Editor's note: Tara Black, who teachers second grade at Indian Hills Elementary in Salt Lake City, was among 32 Utah educators who recently visited schools in Finland with Brigham Young University's Center for the Study of Europe. Read the related story here.

I am constantly reevaluating what I'm doing with my current students to make sure I am teaching them in a way that they will comprehend and retain. I try to be the teacher that I hope my own family will have. I like to think I am backing up to look at the big picture and making sure my students do the same.  

Every class and every student is different from those in the past, so I need to keep learning to be my best.  Focusing on test scores can interrupt this process.

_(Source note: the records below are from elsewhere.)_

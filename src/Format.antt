-- ===== src/Format.antt =====
-- src/format.hpp: the helpers on integers and text.
pub mod Grouping
pub mod Trimming
mod Tests
use bitcoin_tui.Base.{
  ℕ, zero, suc, ◌+◌, ◌-◌, ◌*◌, ◌/◌, ◌%◌, Bool, true, false, ◌||◌, List, [], ◌∷◌, ◌++◌, Bytes, codes,
  length, take, drop, ◌==◌, ltb, if◌then◌else◌, ℤ, pos, negsuc, ◌-ℤ◌, ltb_ℤ, to_decimal, to_string,
}

-- s.insert(p, mark)
unfoldable pub insert_at : ℕ → ℕ → Bytes → Bytes
insert_at p mark s = take p s ++ mark ∷ drop p s

-- `while (pos > 0) { s.insert(pos, mark); pos -= 3; }`, on fuel: `pos` rounds are enough.
unfoldable pub group_loop : ℕ → ℕ → ℕ → Bytes → Bytes
unfolding insert_at
group_loop zero mark p s = s
group_loop (suc f) mark zero s = s
group_loop (suc f) mark (suc p) s = group_loop f mark (suc p - 3) (insert_at (suc p) mark s)

-- From the last three digits on; `size() - 3` below zero is no round, as is zero.
unfoldable pub grouped : ℕ → Bytes → Bytes
unfolding group_loop
grouped mark s = group_loop (length s) mark (length s - 3) s

-- std::abs of the least int64_t is not defined; its text here is that of the number.
unfoldable pub fmt_int : ℤ → Bytes
unfolding grouped
fmt_int (pos n) = grouped b',' (to_decimal n)
fmt_int (negsuc n) = b'-' ∷ grouped b',' (to_decimal (suc n))

unfoldable pub fmt_height : ℤ → Bytes
unfolding grouped
fmt_height n = grouped b'\'' (to_string n)

-- Division and remainder of int64_t by a positive number, rounded towards zero.
abbrev quotient : ℤ → ℕ → ℤ
quotient (pos n) d = pos (n / d)
quotient (negsuc n) d = pos 0 -ℤ pos (suc n / d)

abbrev remainder : ℤ → ℕ → ℤ
remainder (pos n) d = pos (n % d)
remainder (negsuc n) d = pos 0 -ℤ pos (suc n % d)

unfoldable pub fmt_age : ℤ → Bytes
fmt_age secs =
    if ltb_ℤ secs (pos 60)
    then to_string secs ++ codes "s"
    else if ltb_ℤ secs (pos 3600)
    then to_string (quotient secs 60)
      ++ (codes "m " ++ (to_string (remainder secs 60) ++ codes "s"))
    else to_string (quotient secs 3600)
      ++ (codes "h " ++ (to_string (quotient (remainder secs 3600) 60) ++ codes "m"))

-- `now_secs` is the clock's.
unfoldable pub fmt_time_ago : ℤ → ℤ → Bytes
fmt_time_ago now_secs timestamp =
    let diff = now_secs -ℤ timestamp in
    if ltb_ℤ diff (pos 0)
    then codes "just now"
    else if ltb_ℤ diff (pos 60)
    then to_string diff ++ codes "s ago"
    else if ltb_ℤ diff (pos 3600)
    then to_string (quotient diff 60) ++ codes "m ago"
    else if ltb_ℤ diff (pos 86400)
    then to_string (quotient diff 3600) ++ codes "h ago"
    else to_string (quotient diff 86400) ++ codes "d ago"

abbrev pub is_blank : ℕ → Bool
is_blank c = c == b' ' || c == b'\t'

unfoldable pub trim_front : Bytes → Bytes
trim_front [] = []
trim_front (c ∷ s) = let more = trim_front s in if is_blank c then more else c ∷ s

-- What is left in front of the blanks at the end, and `c` before it.
drop_last : ℕ → Bytes → Bytes
drop_last c [] = if is_blank c then [] else c ∷ []
drop_last c (d ∷ s) = c ∷ d ∷ s

-- The loop that pops the last character.
unfoldable pub trim_back : Bytes → Bytes
unfolding drop_last
trim_back [] = []
trim_back (c ∷ s) = drop_last c (trim_back s)

unfoldable pub trimmed : Bytes → Bytes
unfolding trim_front trim_back
trimmed s = trim_back (trim_front s)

I've been treated like I don't know what I'm doing but gotten awards saying I'm one of the best at what I'm doing in the same year.

I'm not listened to, and my scores are compared to others like it is a sport and I must be ahead. I've had teachers compete with me, and in that environment I find so much time is wasted.  I could be learning and bettering myself instead of feeling guilty that another teacher might be ahead of me.

With this program with the Center for the Study of Europe, I almost feel like when the lens on the Hubble Space Telescope was put into focus and I realized the blurry dots were actually universes. My big picture was suddenly HUGE.

In Finland, I learned the schools doing best are not micromanaged. They trust each other. They trust the system. They trust the teachers.

Classrooms have a low student to teacher ratio. Play is essential and contributes to learning. Not every bit of play has to be directed. Kids can trust imaginations and explore. Nature is valued.  Going green is supported by everybody, not just a teacher guilting kids about recycling.

I still have much to process from what I've seen, but this trip has shown me that my basic instinct about teaching is correct. Students can learn in fun ways and be shown that they are connected to a whole big world.

I also learned again that people who work together for a common good in respectful ways can achieve great things. When the director of a school was asked how his school compared to the one across the street, he didn't even know. They work together for the greater common good, not as competitors.

I will keep improving as a teacher and helping my students see the big picture, hold on to things that work, and respect each other to learn for being our best instead of the best.

 I am a better teacher having witnessed these fine people in a bigger world than I had been looking at. Every teacher should experience this. Every lawmaker should consider the idea that we ought to work together not against each other for the goal of helping students be their best.